Sure, there are a million articles on how to stay organized this school year. But how many are there about NOT staying organized? Zero.
Obviously this is a real oversight and I am here to fill the void.
So here is everything you can do to NOT be organized this school year….
Leave everything that comes home from school in a big pile and hope it sorts itself out.
Every time someone mentions color coded folders, do a whisky shot.
Don’t open any emails from the school or your children’s teachers.
When the teacher asks why you never signed up for a conference, just say, “If a conference is meant to be, it will be.”
Instead of checking your kids’ homework, just assume they completed everything to their highest potential.
When it comes to your kids’ after school schedule, write nothing down and just wing it.
Laminate everything – their backpacks, their school uniforms, their shoes. If you are feeling extra ambitious, laminate their beds and desks too.

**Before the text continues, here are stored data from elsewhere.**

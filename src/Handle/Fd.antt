-- ===== src/Handle/Fd.antt =====
-- python/rsyscall/handle/fd.py: handles of file descriptors, their tasks and their tables.
pub mod Tracking
pub mod Lifecycle
pub mod Closing
pub mod Close
pub mod Sharing
pub mod History
pub mod Unshare
mod Examples
use rsyscall.Base.{
  ℕ, suc, ◌+◌, ◌≡◌, ◌⊎◌, Bool, true, false, ◌&&◌, List, [], ◌∷◌, Option, none, some, ◌==◌,
  if◌then◌else◌, length, has,
}

-- The exceptions that fd.py raises, and KeyError of Python's sets and dicts.
pub data Error : Type 0 where
  invalid_handle key_error table_mismatch manipulating already_known not_inherited : Error
  other_handles not_closed no_handles_left freed_from_under os_error reopened : Error

pub data Result {ℓ} (A : Type ℓ) : Type ℓ where
  ok : A → Result A
  err : Error → Result A

-- Objects are numbers. `task`, `near` and `valid` are the fields of a handle; `fd_table`,
-- `manipulating_fd_table` and `fd_handles` those of a task; `near_to_handles` and `inherited` those
-- of a table. A set is the list of its members. `next` is the next handle, and `closes` the close
-- system calls made so far, each with its table and number.
pub record Fds : Type 0 where
  pub task : ℕ → ℕ
  pub near : ℕ → ℕ
  pub valid : ℕ → Bool
  pub next : ℕ
  pub fd_table : ℕ → ℕ
  pub manipulating_fd_table : ℕ → Bool
  pub fd_handles : ℕ → List ℕ
  pub near_to_handles : ℕ → ℕ → Option (List ℕ)
  pub inherited : ℕ → List ℕ
  pub closes : List (ℕ × ℕ)

abbrev pub Exec {ℓ} : Type ℓ → Type ℓ
Exec A = Fds → Result A × Fds

infixl 5 ◌>>=◌
abbrev pub then_do {ℓ κ} :
    {A : Type ℓ} {B : Type κ} → Result A × Fds → (A → Fds → Result B × Fds) → Result B × Fds
then_do (ok a, s) f = f a s
then_do (err e, s) f = (err e, s)

abbrev pub ◌>>=◌ : {A B : Type 0} → Exec A → (A → Exec B) → Exec B
◌>>=◌ m f s = then_do (m s) f

abbrev pub update {ℓ} : {V : Type ℓ} → (ℕ → V) → ℕ → V → ℕ → V
update f k v j = if j == k then v else f j

-- `d[n] = v` in the dict of the table `t`; `none` deletes the key.
abbrev pub put : (ℕ → ℕ → Option (List ℕ)) → ℕ → ℕ → Option (List ℕ) → ℕ → ℕ → Option (List ℕ)
put d t n v t' n' = if (t' == t) && (n' == n) then v else d t' n'

abbrev pub without : ℕ → List ℕ → List ℕ
without h [] = []
without h (a ∷ l) = let rest = without h l in if a == h then rest else a ∷ rest

-- `set.remove`; `none` is KeyError.
abbrev pub set_remove : ℕ → List ℕ → Option (List ℕ)
set_remove h l = if has h l then some (without h l) else none

unfoldable pub validate : ℕ → Exec (Unit {0})
validate h s = if s.valid h then (ok tt, s) else (err invalid_handle, s)

-- `self.task.fd_table.near_to_handles[self.near]`
unfoldable pub get_global_handles : ℕ → Exec (List ℕ)
get_global_handles h s = elim (s.near_to_handles (s.fd_table (s.task h)) (s.near h)) [
  | none ↦ (err key_error, s)
  | some l ↦ (ok l, s)
]

unfoldable pub remove_global : ℕ → List ℕ → Exec (List ℕ)
remove_global h handles s = elim (set_remove h handles) [
  | none ↦ (err key_error, s)
  | some l ↦ (
    ok l,
    record s {
      near_to_handles = put s.near_to_handles (s.fd_table (s.task h)) (s.near h) (some l);
    },
  )
]

unfoldable pub remove_own : ℕ → Exec (Unit {0})
remove_own h s = elim (set_remove h (s.fd_handles (s.task h))) [
  | none ↦ (err key_error, s)
  | some l ↦ (ok tt, record s { fd_handles = update s.fd_handles (s.task h) l })
]

unfoldable pub remove_from_tracking : ℕ → Exec (List ℕ)
unfolding remove_own get_global_handles remove_global
remove_from_tracking h = do
  _ ← remove_own h
  handles ← get_global_handles h
  remove_global h handles

abbrev pub is_empty : List ℕ → Bool
is_empty [] = true
is_empty (a ∷ l) = false

-- `_invalidate`
unfoldable pub drop : ℕ → Exec Bool
unfolding remove_from_tracking
drop h s =
    if s.valid h
    then ((do handles ← remove_from_tracking h; λ t. (ok (is_empty handles), t))
        (record s { valid = update s.valid h false }))
    else (ok false, s)

-- What the close system call does: it returns, the process hangs up, or it raises OSError.
pub data CloseResult : Type 0 where
  closed hangup failed : CloseResult

-- `FDTable._close_fd`
unfoldable pub close_fd : CloseResult → ℕ → ℕ → Exec (Unit {0})
close_fd closed t n s = (ok tt, record s { closes = (t, n) ∷ s.closes })
close_fd hangup t n s = elim (s.near_to_handles t n) [
  | some _ ↦ (err reopened, record s { closes = (t, n) ∷ s.closes })
  | none ↦ (
    ok tt,
    record s { closes = (t, n) ∷ s.closes; near_to_handles = put s.near_to_handles t n (some []) },
  )
]
close_fd failed t n s = (err os_error, record s { closes = (t, n) ∷ s.closes })

-- The branch of `invalidate` where the last handle is gone.
unfoldable pub close_last : CloseResult → ℕ → Exec Bool
close_last result h s =
    let t = s.fd_table (s.task h) in
    let n = s.near h in
    then_do (close_fd result t n (record s { near_to_handles = put s.near_to_handles t n none }))
      (λ _ s'. (ok true, s'))

unfoldable pub invalidate : CloseResult → ℕ → Exec Bool
unfolding drop
invalidate result h = do last ← drop h; λ s. if last then close_last result h s else (ok false, s)

unfoldable pub is_only_handle : ℕ → Exec Bool
unfolding validate get_global_handles
is_only_handle h = do
  _ ← validate h
  handles ← get_global_handles h
  λ s. (ok (length handles == 1), s)

unfoldable pub close : CloseResult → ℕ → Exec (Unit {0})
close result h = do
  only ← is_only_handle h
  λ s.
      if only
      then (if s.valid h
          then then_do (invalidate result h s)
              (λ done s'. if done then (ok tt, s') else (err not_closed, s'))
          else (err invalid_handle, s))
      else (err other_handles, s)

abbrev pub or_empty : Option (List ℕ) → List ℕ
or_empty none = []
or_empty (some l) = l

-- `_make_fd_handle_from_near`
unfoldable pub make_from_near : ℕ → ℕ → Exec ℕ
make_from_near k n s = if s.manipulating_fd_table k then (err manipulating, s) else (
  ok s.next,
  record s {
    task = update s.task s.next k;
    near = update s.near s.next n;
    valid = update s.valid s.next true;
    next = s.next + 1;
    fd_handles = update s.fd_handles k (s.next ∷ s.fd_handles k);
    near_to_handles =
        put s.near_to_handles (s.fd_table k) n
          (some (s.next ∷ or_empty (s.near_to_handles (s.fd_table k) n)));
  },
)

unfoldable pub make_fd_handle : ℕ → ℕ → Exec ℕ
make_fd_handle k n s = elim (s.near_to_handles (s.fd_table k) n) [
  | some _ ↦ (err already_known, s)
  | none ↦ make_from_near k n s
]

unfoldable pub for_task : ℕ → ℕ → Exec ℕ
unfolding validate
for_task h k = do
  _ ← validate h
  λ s.
      if s.fd_table (s.task h) == s.fd_table k
      then make_from_near k (s.near h) s
      else (err table_mismatch, s)

unfoldable pub inherit_fd : ℕ → ℕ → Exec ℕ
unfolding validate
inherit_fd k h = do
  _ ← validate h
  λ s.
      if s.fd_table (s.task h) == s.fd_table k
      then make_from_near k (s.near h) s
      else (if has h (s.inherited (s.fd_table k))
          then make_from_near k (s.near h) s
          else (err not_inherited, s))

unfoldable pub move_end : ℕ → List ℕ → Exec ℕ
move_end new handles s = if is_empty handles then (err no_handles_left, s) else (ok new, s)

unfoldable pub move : ℕ → ℕ → Exec ℕ
unfolding for_task
move h k = do
  new ← for_task h k
  λ s. then_do (remove_from_tracking h (record s { valid = update s.valid h false })) (move_end new)

-- `borrow` before its `yield`: the handle made for the other task, if there is one.
unfoldable pub borrow_enter : ℕ → ℕ → Exec (Option ℕ)
borrow_enter h k s =
    if s.task h == k
    then (ok none, s)
    else then_do (for_task h k s) (λ borrowed s'. (ok (some borrowed), s'))

-- The `finally` block of `borrow`.
unfoldable pub borrow_exit : Option ℕ → Exec (Unit {0})
borrow_exit none s = (ok tt, s)
borrow_exit (some b) s =
    if s.valid b
    then then_do (remove_from_tracking b (record s { valid = update s.valid b false }))
        (λ handles s'. if is_empty handles then (err freed_from_under, s') else (ok tt, s'))
    else (ok tt, s)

Never refer to a calendar and always just say, “Sure! I’ll be there!” every time someone asks you to volunteer.
When they ask why you didn’t show up to volunteer, just say, “I was there! You didn’t see me? I was completely there. I saw you. You didn’t see me?”
Get hooks with their names on them but never hang up the hooks.
Prepare nothing the night before school so you can frantically be packing lunches, fixing hair and making breakfast – all why screaming, “We’re running late! Everyone hustle!! We’re late!!”
Keep 385 unsharpened pencils in your house and 1 sharpened one whose location is unknown.